Chimeric antigen receptor (CAR) T cell therapies have demonstrated remarkable efficacy in hematologic malignancies; however, their clinical benefit in solid tumors remains limited. A major barrier is T cell dysfunction, particularly exhaustion and senescence, which impair persistence, effector function, and durable tumor control. Targeting these dysfunctional states is therefore essential in order to improve CAR T cell efficacy in solid tumors.

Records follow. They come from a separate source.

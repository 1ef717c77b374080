-- ===== src/Graph/Streams/Steps.antt =====
-- The step of the loop of `runLinearStream` leaves no stream open but that of its carrier.
use llm_agent_flow.Base.{
  ℕ, ◌<◌, arith, nat_eq, String, Bool, true, false, ◌≡◌, ◌≢◌, refl, Option, none, some, All, Result,
  ok, err, wrap, Bool-cases, Result-cases, inl, inr, if◌then◌else◌,
}
use llm_agent_flow.V2.Errors.{Run}
use llm_agent_flow.V2.Value.{Value}
use llm_agent_flow.Graph.Types.{GoType, Reflect, asserts}
use llm_agent_flow.Graph.Chain.{PipelineNode}
use llm_agent_flow.Graph.Streams.{
  Source, Streams, open_stream, Concatenator, Concatenators, Lookup, found, missing,
  lookup_panicked, is_found, lookup_concat,
}
use llm_agent_flow.Graph.Builder.Components.{request_type, event_type}
use llm_agent_flow.Graph.Streams.Linear.{
  Carrier, value, stream, StreamError, run_failed, no_concatenator, lookup_panic, Flowing, Step,
  and_then, close_if_live, out_of, stream_run, concat_to_value, materialise, run_streaming,
  run_value, run_pipeline_node, input_port,
}
use llm_agent_flow.Graph.Streams.Lookups.{AllClosed, Closes, FoundCloses, lookup_concat-FoundCloses}

-- All streams are closed but that of the carrier.
abbrev pub ClosedBut : Carrier → Streams → Type 0
ClosedBut (value v) s = AllClosed s
ClosedBut (stream i t) s = (j : ℕ) → j < s.opened → j ≢ i → s.closed j ≡ true

-- `liveCarrier` holds a carrier that is a stream.
abbrev pub Held : Carrier → Flowing → Type 0
Held (value v) fl = fl.live ≡ none
Held (stream i t) fl = fl.live ≡ some (stream i t)

abbrev pub StreamsOnly : Carrier → Bool → Type 0
StreamsOnly (value v) b = Unit
StreamsOnly (stream i t) b = b ≡ true

-- After a step: an error with nothing that the cleanup does not close, or what holds of its result.
abbrev pub After : {A : Type 0} → (A → Flowing → Type 0) → Result StreamError A × Flowing → Type 0
After P (err e, fl) = AllClosed (close_if_live fl)
After P (ok a, fl) = P a fl

pub and_then-After :
    {A B : Type 0} (P : A → Flowing → Type 0) (Q : B → Flowing → Type 0) (step : Step A)
    (next : A → Step B) (fl : Flowing)
    → After P (step fl)
    → ((a : A) (after : Flowing) → P a after → After Q (next a after))
    → After Q (and_then step next fl)
and_then-After {A = A} P Q step next fl first rest = chained (step fl) first
  where
    chained :
        (r : Result StreamError A × Flowing)
        → After P r
        → After Q (elim r.0 [ err e ↦ (err e, r.1) | ok a ↦ next a r.1 ])
    chained (ok a, after) held = rest a after held
    chained (err e, after) held = held

abbrev pub Idle : {A : Type 0} → A → Flowing → Type 0
Idle a fl = (fl.live ≡ none) × AllClosed fl.streams

close_if_live-idle :
    (fl : Flowing) → fl.live ≡ none → AllClosed fl.streams → AllClosed (close_if_live fl)
unfolding close_if_live
close_if_live-idle fl h closed = rw h closed

Closes-after :
    (f : Concatenator) (i : ℕ) (t : GoType) (s : Streams)
    → Closes f
    → ClosedBut (stream i t) s
    → AllClosed (f i s).1
Closes-after f i t s closes but j low = elim (Bool-cases (nat_eq j i)) [
  | inl e ↦ let same : j ≡ i = ground arith in rw same (closes.own i s)
  | inr e ↦
      let fewer : j < s.opened = ground (arith, closes.opened i s) in
      closes.others i j s (but j fewer (ground arith))
]

module _ (reflect : Reflect) (type_of : Value → Option GoType) (registry : Concatenators)
    (model_stream : String → Value → Run Source) (all : All (λ p. Closes p.1) registry) where
  -- A stream meets a type that has a concatenator.
  abbrev pub Foldable : Carrier → Option GoType → Type 0
  Foldable (value v) t = Unit
  Foldable (stream i el) t = is_found (lookup_concat reflect registry t) ≡ true

  materialise-After :
      (t : Option GoType) (carrier : Carrier) (fl : Flowing)
      → ClosedBut carrier fl.streams
      → Held carrier fl
      → Foldable carrier t
      → After Idle (materialise reflect type_of registry model_stream t carrier fl)
  unfolding materialise concat_to_value close_if_live
  materialise-After t (value v) fl but held foldable = (held, but)
  materialise-After t (stream i el) fl but held foldable =
      folds (lookup_concat reflect registry t) foldable
        (lookup_concat-FoundCloses reflect registry t all)
    where
      idle : Flowing
      idle = record fl { live = none }

      wrapped :
          (r : Run Value) (s : Streams)
          → AllClosed s
          → After Idle (wrap run_failed r, record { live = none; streams = s })
      wrapped (ok v) s closed = (refl, closed)
      wrapped (err e) s closed = closed

      folds :
          (l : Lookup)
          → is_found l ≡ true
          → FoundCloses l
          → After {A = Value} Idle (elim l [
            | found f ↦ (
              wrap run_failed (f i fl.streams).0,
              record fl { live = none; streams = (f i fl.streams).1 },
            )
            | missing ↦ (err (no_concatenator t), record fl { live = none })
            | lookup_panicked ↦ (err lookup_panic, record fl { live = none })
          ])
      folds (found f) h closes =
          wrapped (f i fl.streams).0 (f i fl.streams).1 (Closes-after f i el fl.streams closes but)
      folds missing h closes = absurd (ground arith)
      folds lookup_panicked h closes = absurd (ground arith)

  -- What holds after a node: the stream of its output is the only open one.
  abbrev pub Passed : Bool → Carrier → Flowing → Type 0
  Passed b carrier fl = ClosedBut carrier fl.streams × Held carrier fl × StreamsOnly carrier b

  run_value-After :
      (n : PipelineNode) (v : Value) (fl : Flowing)
      → Idle v fl
      → After (Passed false) (run_value reflect type_of registry model_stream n v fl)
  unfolding run_value
  run_value-After n v fl idle =
      ends (out_of (n.kind.run none (input_port reflect type_of registry model_stream v)).0)
    where
      ends :
          (r : Run Value)
          → After
              (Passed false)
              (elim r [ err e ↦ (err (run_failed e), fl) | ok out ↦ (ok (value out), fl) ])
      ends (ok out) = (idle.1, idle.0, tt)
      ends (err e) = close_if_live-idle fl idle.0 idle.1

  open_stream-ClosedBut :
      (src : Source) (s : Streams) (t : GoType)
      → AllClosed s
      → ClosedBut (stream s.opened t) (open_stream src s)
  unfolding open_stream
  open_stream-ClosedBut src s t closed j low differs = elim (Bool-cases (nat_eq s.opened j)) [
    | inl e ↦ absurd (ground arith)
    | inr e ↦ rw e (closed j (ground arith))
  ]

  -- `streamRun` opens a stream, or changes nothing.
  abbrev Opened : Result StreamError Carrier × Streams → Type 0
  Opened (err e, s) = AllClosed s
  Opened (ok (value v), s) = ⊥
  Opened (ok (stream i t), s) = ClosedBut (stream i t) s

  stream_run-Opened :
      (id : String) (v : Value) (s : Streams)
      → AllClosed s
      → Opened (stream_run reflect type_of registry model_stream id (value v) s)
  unfolding stream_run
  stream_run-Opened id v s closed = elim (Bool-cases (asserts reflect (type_of v) request_type)) [
    | inr h ↦ rw (Opened, h) closed
    | inl h ↦ elim (Result-cases (model_stream id v)) [
      | inr (e, k) ↦ rw (Opened, h, k) closed
      | inl (src, k) ↦ rw (Opened, h, k) (open_stream-ClosedBut src s event_type closed)
    ]
  ]

  run_streaming-After :
      (n : PipelineNode) (v : Value) (fl : Flowing)
      → Idle v fl
      → After (Passed true) (run_streaming reflect type_of registry model_stream n v fl)
  unfolding run_streaming close_if_live
  run_streaming-After n v fl idle =
      settles (stream_run reflect type_of registry model_stream n.id (value v) fl.streams)
        (stream_run-Opened n.id v fl.streams idle.1)
    where
      settles :
          (r : Result StreamError Carrier × Streams)
          → Opened r
          → After (Passed true) (elim r.0 [
            | err e ↦ (err e, record fl { streams = r.1 })
            | ok out ↦ (ok out, record { live = some out; streams = r.1 })
          ])
      settles (err e, s) closed = rw idle.0 closed
      settles (ok (value v), s) none_opened = absurd none_opened
      settles (ok (stream i t), s) but = (but, refl, refl)

  pub run_pipeline_node-After :
      (n : PipelineNode) (carrier : Carrier) (fl : Flowing)
      → ClosedBut carrier fl.streams
      → Held carrier fl
      → Foldable carrier n.in_t
      → After
          (Passed n.streams)
          (run_pipeline_node reflect type_of registry model_stream n carrier fl)
  unfolding run_pipeline_node
  run_pipeline_node-After n carrier fl but held foldable =
      and_then-After Idle (Passed n.streams)
        (materialise reflect type_of registry model_stream n.in_t carrier)
        (λ v.
          if n.streams
          then run_streaming reflect type_of registry model_stream n v
          else run_value reflect type_of registry model_stream n v)
        fl (materialise-After n.in_t carrier fl but held foldable)
        (λ v after idle. elim (Bool-cases n.streams) [
          | inl e ↦ rw e (run_streaming-After n v after idle)
          | inr e ↦ rw e (run_value-After n v after idle)
        ])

This review summarizes recent preclinical strategies aimed at preventing or reversing CAR T cell exhaustion and senescence in solid malignancies. While both exhaustion and senescence are relevant dysfunctional states, the preclinical evidence summarized in this review is currently more extensive for modulation of exhaustion-associated programs than for direct reversal of canonical T cell senescence. Approaches are organized according to their primary mechanistic focus, including gene editing, metabolic modulation, receptor redesign, and remodeling of the tumor microenvironment.

Across these mechanistic categories, reported benefits include enhanced CAR T cell persistence, reduced expression of inhibitory receptors, such as PD-1, LAG-3, and TIM-3, preservation or restoration of memory-like phenotypes, and improved antitumor cytotoxicity. Notably, combinatorial strategies targeting multiple dysfunction pathways consistently demonstrate superior efficacy in preclinical models. Despite these advances, important translational challenges remain, including the limited predictive value of current preclinical systems, potential safety concerns, and the manufacturing complexity associated with increasingly engineered cell products.

Collectively, preclinical evidence supports the rational integration of complementary approaches to generate next-generation CAR T cells capable of resisting dysfunction and maintaining activity within immunosuppressive solid tumor microenvironments. Further validation in clinically relevant models will be critical to facilitate translation into safe and durable cancer immunotherapies.